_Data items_
* * * * * * *

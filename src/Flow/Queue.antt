-- ===== src/Flow/Queue.antt =====
-- The queue of an execution (crates/core/src/flow.rs).
use stulp.Prelude.{
  ℕ, zero, suc, ◌+◌, ◌<◌, ◌≤◌, ◌≡◌, ◌≢◌, refl, sym, ◌∙◌, Bool, true, false, ◌&&◌, none, some, List,
  [], ◌∷◌, ◌⊎◌, inl, inr, arith, length, get_elem?, set, ltb, if◌then◌else◌, length-set,
  get_elem?-set_self, get_elem?-set_ne, Bool-cases, Option-cases, String, same_text,
}
use native.Mathlib.Decide.{ℕ_discrete}
use stulp.Prelude.Results.{Error, Result, ok, err, full, Result-cases}
use stulp.Flow.{
  Json, max_nodes, Execution, idle, visit, follow, complete_card, complete, node_index, position,
  same_bool, get, boolean, kind, text, array,
}

abbrev pub count : List Bool → ℕ
count [] = 0
count (b ∷ bs) = (if b then 1 else 0) + count bs

pub count-le : (bs : List Bool) → count bs ≤ length bs
count-le [] = omega arith
count-le (true ∷ bs) = omega (arith, count-le bs)
count-le (false ∷ bs) = omega (arith, count-le bs)

count-set :
    (bs : List Bool) (i : ℕ)
    → get_elem? bs i ≡ some false
    → (count (set bs i true) ≡ count bs + 1) × (count bs < length bs) × (i < length bs)
count-set [] i h = cc
count-set (true ∷ bs) zero h = cc
count-set (false ∷ bs) zero h = (omega arith, omega (arith, count-le bs), omega arith)
count-set (true ∷ bs) (suc i) h = omega (arith, count-set bs i h)
count-set (false ∷ bs) (suc i) h = omega (arith, count-set bs i h)

count-set_le : (bs : List Bool) (i : ℕ) → count bs ≤ count (set bs i true)
count-set_le [] i = omega arith
count-set_le (true ∷ bs) zero = omega arith
count-set_le (false ∷ bs) zero = omega arith
count-set_le (true ∷ bs) (suc i) = omega (arith, count-set_le bs i)
count-set_le (false ∷ bs) (suc i) = omega (arith, count-set_le bs i)

pub get_elem?-lt :
    {A : Type 0} (xs : List A) (i : ℕ) {x : A} → get_elem? xs i ≡ some x → i < length xs
get_elem?-lt [] i h = cc
get_elem?-lt (y ∷ ys) zero h = omega arith
get_elem?-lt (y ∷ ys) (suc i) h = omega (arith, get_elem?-lt ys i h)

-- Setting a mark keeps the marks.
marked-set :
    (bs : List Bool) (i x : ℕ)
    → get_elem? bs x ≡ some true
    → get_elem? (set bs i true) x ≡ some true
marked-set bs i x h = elim (ℕ_discrete i x) [
  | yes e ↦ rw e (get_elem?-set_self bs x true (get_elem?-lt bs x h))
  | no ne ↦ get_elem?-set_ne bs i x true ne ∙ h
]

-- The queue is a list of distinct cards, all of them marked, and what waits is a card.
pub record IsSound (e : Execution) : Type 0 where
  pub size : length e.pending ≡ max_nodes
  pub marks : length e.visited ≡ max_nodes
  pub order : e.head ≤ e.tail
  pub few : e.tail ≤ count e.visited
  pub marked :
      (i x : ℕ) → i < e.tail → get_elem? e.pending i ≡ some x → get_elem? e.visited x ≡ some true
  pub distinct :
      (i j x : ℕ)
      → i < e.tail
      → j < e.tail
      → get_elem? e.pending i ≡ some x
      → get_elem? e.pending j ≡ some x
      → i ≡ j
  pub waits : (x : ℕ) → e.waiting ≡ some x → x < max_nodes

pub idle-IsSound : IsSound idle
idle-IsSound = record {
  size = refl;
  marks = refl;
  order = omega arith;
  few = omega arith;
  marked = λ i x h g. absurd (omega arith);
  distinct = λ i j x h k g l. absurd (omega arith);
  waits = λ x h. absurd (cc h);
}

-- `after` continues `before`: what is queued stays.
abbrev pub Continues : Execution → Execution → Type 0
Continues before after =
    (before.head ≡ after.head)
    × (before.tail ≤ after.tail)
    × ((i : ℕ) → i < before.tail → get_elem? after.pending i ≡ get_elem? before.pending i)

queued : ℕ → Execution → Execution
queued to e = record e {
  pending = set e.pending e.tail to;
  tail = e.tail + 1;
  visited = set e.visited to true;
}

queued_entry :
    (e : Execution) (to i x : ℕ)
    → IsSound e
    → get_elem? e.visited to ≡ some false
    → i < e.tail + 1
    → get_elem? (set e.pending e.tail to) i ≡ some x
    → ((i ≡ e.tail) × (x ≡ to))
      ⊎ ((i < e.tail) × (get_elem? e.pending i ≡ some x) × (get_elem? e.visited x ≡ some true))
queued_entry e to i x s fresh h g =
    let (a, room, b) = count-set e.visited to fresh in
    let fits : e.tail < length e.pending = omega (arith, s.few, s.size, s.marks) in
    elim (ℕ_discrete e.tail i) [
      | yes same ↦
          let here : get_elem? (set e.pending e.tail to) i ≡ some to =
            rw (sym same) (get_elem?-set_self e.pending e.tail to fits) in
          let eq : some x ≡ some to = sym g ∙ here in inl (sym same, cc eq)
      | no ne ↦
          let old = sym (get_elem?-set_ne e.pending e.tail i to ne) ∙ g in
          let small : i < e.tail = omega (arith, ne) in inr (small, old, s.marked i x small old)
    ]

queued-IsSound :
    (e : Execution) (to : ℕ)
    → IsSound e
    → get_elem? e.visited to ≡ some false
    → IsSound (queued to e)
unfolding queued
queued-IsSound e to s fresh =
    let (grown, room, inside) = count-set e.visited to fresh in
    record {
      size = length-set e.pending e.tail to ∙ s.size;
      marks = length-set e.visited to true ∙ s.marks;
      order = omega (arith, s.order);
      few = omega (arith, s.few, grown);
      marked = λ i x h g. elim (queued_entry e to i x s fresh h g) [
        | inl (_, same) ↦ rw same (get_elem?-set_self e.visited to true inside)
        | inr (_, _, m) ↦ marked-set e.visited to x m
      ];
      distinct = λ i j x h k g l. elim (queued_entry e to i x s fresh h g) [
        | inl (ei, same) ↦ elim (queued_entry e to j x s fresh k l) [
          | inl (ej, _) ↦ ei ∙ sym ej
          | inr (_, _, m) ↦ absurd (cc (fresh, m, same))
        ]
        | inr (hi, gi, m) ↦ elim (queued_entry e to j x s fresh k l) [
          | inl (_, same) ↦ absurd (cc (fresh, m, same))
          | inr (hj, gj, _) ↦ s.distinct i j x hi hj gi gj
        ]
      ];
      waits = s.waits;
    }

pub Continues-trans : (a b c : Execution) → Continues a b → Continues b c → Continues a c
Continues-trans a b c (h, t, p) (h', t', p') =
    (h ∙ h', omega (arith, t, t'), λ i lt. p' i (omega (arith, t, lt)) ∙ p i lt)

-- An answer that is not `full`, with an execution that continues the one before and waits for none.
abbrev pub Fine : Execution → Result (Unit {0}) × Execution → Type 0
Fine e (r, after) = (r ≢ err full) × IsSound after × Continues e after × (after.waiting ≡ none)

queued-Continues : (e : Execution) (to : ℕ) → Continues e (queued to e)
unfolding queued
queued-Continues e to = (
  refl,
  omega arith,
  λ i lt. get_elem?-set_ne e.pending e.tail i to (λ same. absurd (omega (arith, same, lt))),
)

visit-queued :
    (to : ℕ) (e : Execution)
    → IsSound e
    → get_elem? e.visited to ≡ some false
    → visit to e ≡ (ok tt, queued to e)
unfolding visit queued
visit-queued to e s fresh =
    let (grown, room, inside) = count-set e.visited to fresh in
    let small : e.tail < length e.pending = omega (arith, s.few, s.size, s.marks, room) in
    let fits : ltb e.tail (length e.pending) ≡ true = ground (arith, small) in
    rw (fresh, visit, fits, queued)

visit_lem :
    (to : ℕ) (e : Execution)
    → IsSound e
    → e.waiting ≡ none
    → ((visit to e).0 ≡ ok tt) × Fine e (visit to e)
unfolding visit
visit_lem to e s w =
    let same : Continues e e = (refl, omega arith, λ i h. refl) in
    elim (Option-cases (get_elem? e.visited to)) [
      | inl absent ↦
          let shape : visit to e ≡ (ok tt, e) = rw (absent, visit) in
          rw shape (refl, ((λ h. absurd (cc h)), s, same, w))
      | inr (true, old) ↦
          let shape : visit to e ≡ (ok tt, e) = rw (old, visit) in
          rw shape (refl, ((λ h. absurd (cc h)), s, same, w))
      | inr (false, fresh) ↦
          let shape = visit-queued to e s fresh in
          rw shape (
            refl,
            (
              (λ h. absurd (cc h)),
              queued-IsSound e to s fresh,
              queued-Continues e to,
              (unfold queued in w),
            ),
          )
    ]

pub marked_lem :
    (e : Execution) (index : ℕ)
    → IsSound e
    → IsSound (record e { waiting = none; visited = set e.visited index true })
marked_lem e index s = record {
  size = s.size;
  marks = length-set e.visited index true ∙ s.marks;
  order = s.order;
  few = omega (arith, s.few, count-set_le e.visited index);
  marked = λ i x h g. marked-set e.visited index x (s.marked i x h g);
  distinct = s.distinct;
  waits = λ x h. absurd (cc h);
}

module _ (J : Json) where
  open J use {Value}

  node_index_lem :
      (nodes : List Value) (id : String) (x : Error) → node_index J nodes id ≡ err x → x ≢ full
  unfolding node_index
  node_index_lem nodes id x h e =
      elim (Option-cases (position (λ n. same_text (text J n "id") id) nodes)) [
        | inl a ↦ absurd (cc (rw a at h, e))
        | inr (i, a) ↦ absurd (cc (rw a at h))
      ]

  follow_lem :
      (nodes : List Value) (id : String) (edges : List Value) (e : Execution)
      → IsSound e
      → e.waiting ≡ none
      → Fine e (follow J nodes id edges e)
  unfolding follow
  follow_lem nodes id [] e s w = ((λ h. absurd (cc h)), s, (refl, omega arith, λ i h. refl), w)
  follow_lem nodes id (edge ∷ edges) e s w = elim (Bool-cases (same_text (text J edge "from") id)) [
    | inr other ↦ rw (other, follow) (follow_lem nodes id edges e s w)
    | inl hit ↦ elim (Result-cases (node_index J nodes (text J edge "to"))) [
      | inr (x, bad) ↦
          rw (hit, follow, bad)
            (
              (λ h. node_index_lem nodes (text J edge "to") x bad (cc h)),
              s,
              (refl, omega arith, λ i h. refl),
              w,
            )
      | inl (to, good) ↦
          let (fine, (n, s', c, w')) = visit_lem to e s w in
          let (n'', s'', c'', w'') = follow_lem nodes id edges (visit to e).1 s' w' in
          rw (hit, follow, good, fine)
            (
              n'',
              s'',
              Continues-trans e (visit to e).1 (follow J nodes id edges (visit to e).1).1 c c'',
              w'',
            )
    ]
  ]

  is_stopped : Value → Bool → Bool
  unfolding get boolean kind
  is_stopped node passed =
      same_text (kind J node) "condition"
      && same_bool passed
          (elim (get J node "step") [ none ↦ false | some s ↦ boolean J s "inverted" ])

  card_lem :
      (e : Execution) (flow : Value) (passed : Bool) (index : ℕ)
      → IsSound e
      → e.waiting ≡ none
      → Fine e (complete_card J e flow passed index)
  unfolding complete_card is_stopped
  card_lem e flow passed index s w =
      let same : Continues e e = (refl, omega arith, λ i h. refl) in
      elim (Option-cases (get_elem? (array J flow "nodes") index)) [
        | inl gone ↦ rw (gone, complete_card) ((λ h. absurd (cc h)), s, same, w)
        | inr (node, found) ↦ elim (Bool-cases (is_stopped node passed)) [
          | inl stop ↦ rw (found, complete_card, stop) ((λ h. absurd (cc h)), s, same, w)
          | inr go ↦
              rw (found, complete_card, go)
                (follow_lem (array J flow "nodes") (text J node "id") (array J flow "edges") e s w)
        ]
      ]

  -- On an execution whose queue is sound, `complete` never answers that there is no room, whatever
  -- the flow and the answer are; the queue is sound behind it, and what was queued stays in place.
  pub complete-IsSound :
      (e : Execution) (flow : Value) (passed : Bool)
      → IsSound e
      → ((complete J e flow passed).0 ≢ err full)
        × IsSound (complete J e flow passed).1
        × Continues e (complete J e flow passed).1
  unfolding complete
  complete-IsSound e flow passed s = elim (Option-cases e.waiting) [
    | inl idle_now ↦
        rw (idle_now, complete) ((λ h. absurd (cc h)), s, (refl, omega arith, λ i h. refl))
    | inr (index, w) ↦
        let e' : Execution = record e { waiting = none; visited = set e.visited index true } in
        let small : index < length e.visited = omega (arith, s.waits index w, s.marks) in
        let fits : ltb index (length e.visited) ≡ true = ground (arith, small) in
        let (n, s', c, w') = card_lem e' flow passed index (marked_lem e index s) refl in
        rw (w, complete, fits) (n, s', c)
  ]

* * * * * * *

_Task instructions_
Which lines of the records contain "trans"? Show each of them.

_Exercise solution_
pub Continues-trans : (a b c : Execution) → Continues a b → Continues b c → Continues a c
Continues-trans a b c (h, t, p) (h', t', p') =
              Continues-trans e (visit to e).1 (follow J nodes id edges (visit to e).1).1 c c'',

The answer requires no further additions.